-- ===== src/TacticalMap/Tests.antt =====
-- The map application at concrete inputs. Here a float64 is a natural number.
use tac_os.Base.{
  Bool, get_elem?, zero, suc, false, ℕ, ◌+◌, ◌-◌, ◌*◌, ◌%◌, ◌==◌, ltb, leb, ◌≡◌, refl, ◌↔◌, arith,
  ℤ, pos, negsuc, int_ltb, is_positive, if◌then◌else◌, true, false, Bytes, bytes_eq, codes, List,
  [], ◌∷◌, map, none, some,
}
use tac_os.TacticalMap.Config.{Geo, Config, Target, validate}
use tac_os.TacticalMap.Frame.{Marker, built, build_frame, circles}
use tac_os.TacticalMap.Frame.Shape.{frame_commands}
use tac_os.TacticalMap.Frame.Total.{IsShowable}
use tac_os.TacticalMap.Messages.{
  other_value, closed_at_end, Entries, ending, entry, an_object, Decoder, target_fields,
  check_entries, receive_lines,
}
use tac_os.TacticalMap.Messages.Received.{IsOrdered, received-IsSteady}
use tac_os.TacticalMap.Messages.Records.{IsExact, check_entries_iff}
use tac_os.TacticalMap.Preview.{Drawing, decoded, render_preview}
use tac_os.TacticalMap.Preview.Accepts.{IsRendered, render_preview-build_frame}
use tac_os.TacticalMap.Projection.{at, project}
use tac_os.TacticalMap.Projection.Inside.{IsInside, Rounding, project-IsInside}
use tac_os.TacticalMap.Served.{HasOpen}
use tac_os.TacticalMap.Drawn.{headless-Draws}
use tac_os.WindowManager.Headless.{Canvas, Headless, open_window, headless}
use tac_os.WindowManager.Headless.Contract.{IsShowing}
use tac_os.WindowManager.Protocol.{Response}
use tac_os.TacticalMap.Client.Server.{send_to, send_all-build_frame}
use tac_os.TacticalMap.Loading.{Files, loaded, load_config}
use tac_os.TacticalMap.Loading.Loaded.{IsLoaded, load_config-IsLoaded}
use tac_os.TacticalMap.Session.{Client, accepted, timed_out, send_all, target_update, run_map}
use tac_os.TacticalMap.Session.Building.{IsSteady}
use tac_os.WindowManager.Backend.{value}
use tac_os.WindowManager.Server.{Server}

abbrev whole_int : ℤ → ℕ
whole_int (pos n) = n
whole_int (negsuc n) = 0

instance abbrev whole_geo : Geo ℕ
whole_geo = record {
  is_finite = λ x. true;
  less = ltb;
  less_eq = leb;
  of_int = whole_int;
  add = ◌+◌;
  sub = ◌-◌;
  mul = λ t x. if t == 0 then 0 else if t == 1 then x else t * x;
  div = λ n d. if leb d n then 1 else 0;
  round = λ x. x;
  to_int = pos;
  to_uint8 = λ x. x % 256;
  quarter = 0;
  three_quarters = 1;
}

whole_mul :
    (t : ℕ) (size : ℤ)
    → leb t 1 ≡ true
    → is_positive size ≡ true
    → (leb 0 (whole_geo.mul t (whole_int size)) ≡ true)
      × (leb (whole_geo.mul t (whole_int size)) (whole_int size) ≡ true)
whole_mul t (pos n) h p = ground arith
whole_mul t (negsuc n) h p = cc

whole_Rounding : Rounding ℕ
unfolding int_ltb
whole_Rounding = record {
  le_of_not_lt = λ a b f g h. ground arith;
  lt_of_not_le = λ a b f g h. ground arith;
  le_of_lt = λ a b f g h. ground arith;
  sub_pos = λ a b f g h. ground arith;
  sub_nonneg = λ a b f g h. ground arith;
  sub_finite = λ a b m d f g h low high. refl;
  sub_mono = λ a b low f g k h. ground arith;
  sub_anti = λ a b high f g k h. ground arith;
  div_unit = λ n d f g low high wide. ground arith;
  mul_scale = λ t size low high small p. whole_mul t size high p;
  round_nonneg = λ x size low high small. ground arith;
}

abbrev small_map : Config ℕ
small_map = record {
  version = pos 1;
  image = codes "/map.png";
  width = pos 960;
  height = pos 640;
  bounds = record { lat_min = 10; lat_max = 20; lon_min = 30; lon_max = 40 };
}

small_map_valid : validate small_map ≡ none
unfolding validate bytes_eq
small_map_valid = refl

abbrev target_at : ℕ → ℕ → Target ℕ
target_at latitude longitude = record {
  target_id = codes "t1";
  latitude = latitude;
  longitude = longitude;
  probability = 1;
  last_seen_at = pos 5;
}

-- on the east and south edges, which use the last pixels
edge_pixel : project small_map.bounds (pos 960) (pos 640) 10 40 ≡ at (pos 959) (pos 639)
unfolding project int_ltb
edge_pixel = refl

project-IsInside_example : IsInside (pos 959) (pos 960) × IsInside (pos 639) (pos 640)
project-IsInside_example =
    project-IsInside whole_Rounding small_map.bounds (pos 960) (pos 640) 10 40 edge_pixel

abbrev edge_marker : Marker ℕ
edge_marker = record { target = target_at 10 40; x = pos 959; y = pos 639 }

abbrev edge_targets : List (Target ℕ)
edge_targets = target_at 10 40 ∷ []

edge_frame :
    build_frame small_map edge_targets
    ≡ built (frame_commands small_map (edge_marker ∷ []), edge_marker ∷ [])
unfolding build_frame bytes_eq int_ltb circles
edge_frame = refl

abbrev drawing : Drawing ℕ ℕ
drawing = record {
  blank = λ w h. 0;
  fill = λ c n. n + 1;
  open_png = λ path. decoded 3 (pos 960) (pos 640);
  draw_over = λ image n. n + image;
  draw_row = λ x x' y c n. n + 1;
}

render_preview-build_frame_example :
    IsRendered (render_preview drawing small_map (frame_commands small_map (edge_marker ∷ [])))
render_preview-build_frame_example =
    render_preview-build_frame drawing small_map edge_targets {image = 3} whole_Rounding edge_frame
      refl

-- a canvas that counts what was drawn
abbrev strokes : Canvas ℕ
strokes = record {
  blank = λ width height. 0;
  fill = λ c p. 0;
  image = λ path x y width height p. value (p + 1);
  circle = λ x y radius c p. p + 1;
}

abbrev sent : ℕ → Response → Bool
sent conn r = true

-- the server after CREATE, with the headless backend
abbrev one_window : Headless ℕ
one_window = record {
  windows = record { visible = true; closed = false; back = 0; front = 0 } ∷ [];
  current = some 0;
}

abbrev map_server : Server (Headless ℕ) ℕ
map_server = record {
  window = some 0;
  window_id = codes "map";
  stopped = false;
  event_clients = [];
  world = one_window;
}

map_server-HasOpen : HasOpen 0 (IsShowing 0) map_server
unfolding open_window
map_server-HasOpen = record {
  has_window = refl;
  showing = record {
    is_current = refl;
    window = _;
    there = refl;
    not_closed = refl;
    others_closed = λ j e. only j e;
  };
}
  where
    only : (j : ℕ) → j == 0 ≡ false → open_window (get_elem? one_window.windows j) ≡ false
    only zero e = cc
    only (suc j) e = refl

map_named : bytes_eq small_map.image [] ≡ false
unfolding bytes_eq
map_named = refl

edge-IsShowable : IsShowable (target_at 10 40)
unfolding bytes_eq
edge-IsShowable = record {
  named = refl;
  probable = refl;
  latitude_finite = refl;
  longitude_finite = refl;
  latitude_inside = refl;
  longitude_inside = refl;
}

-- the five fields, in another order
abbrev target_entries : Entries
target_entries = entry (codes "probability") other_value (
    entry (codes "latitude") other_value (
      entry (codes "longitude") other_value (
        entry (codes "targetId") other_value
          (entry (codes "lastSeenAt") other_value (ending closed_at_end)))))

check_entries_target : check_entries target_fields target_entries ≡ none
unfolding check_entries bytes_eq
check_entries_target = refl

check_entries_iff_example :
    (check_entries target_fields target_entries ≡ none) ↔ IsExact target_fields target_entries
check_entries_iff_example = check_entries_iff target_fields target_entries

abbrev one_target : Decoder ℕ
one_target = record {
  utf8_valid = λ b. true;
  read_record = λ b. an_object target_entries;
  to_target = λ b. some (target_at 10 40);
  to_observation = λ b. none;
}

abbrev two_lines : List Bytes
two_lines = codes "ERR" ∷ codes "MSG targets.updated {}" ∷ []

receive_one : receive_lines one_target two_lines ≡ edge_targets
unfolding receive_lines bytes_eq
receive_one = refl

abbrev window_client : Client ℕ
window_client = record {
  subscribe = λ w. (w, true);
  send = λ c w. (w + 1, accepted);
  is_cancelled = λ w. false;
  await_event = λ w. (w, timed_out);
}

whole-IsOrdered : IsOrdered ℕ
whole-IsOrdered a b h = ground arith

received-IsSteady_example :
    IsSteady (
      run_map window_client small_map (map target_update (receive_lines one_target two_lines)) [] 0)
received-IsSteady_example =
    received-IsSteady whole-IsOrdered one_target window_client small_map two_lines 0 small_map_valid

abbrev at_map_server : Client (Server (Headless ℕ) ℕ)
at_map_server = record {
  subscribe = λ s. (s, true);
  send = send_to (headless strokes sent) 4;
  is_cancelled = λ s. false;
  await_event = λ s. (s, timed_out);
}

send_all-build_frame_example :
    (send_all at_map_server (frame_commands small_map (edge_marker ∷ [])) map_server).1 ≡ accepted
send_all-build_frame_example =
    send_all-build_frame (headless strokes sent) 4 at_map_server refl 0 (IsShowing 0) small_map
      edge_targets map_server
      (headless-Draws strokes sent 0 small_map.image map_named
        (λ x y width height p. (p + 1, refl)))
      edge_frame map_server-HasOpen

abbrev map_files : Files ℕ
map_files = record {
  opened = true;
  size = some 300;
  decoded = some small_map;
  at_end = true;
  absolute = λ path. some path;
  image_opened = λ path. true;
  image_size = λ path. some (pos 960, pos 640);
}

load_config_map : load_config map_files ≡ loaded small_map
unfolding load_config bytes_eq
load_config_map = refl

load_config-IsLoaded_example : IsLoaded map_files small_map
load_config-IsLoaded_example = load_config-IsLoaded map_files load_config_map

THE TASK. Using the records above, say how many lines contain the string "decoded"; offer no other text.

RESULT BELOW. 3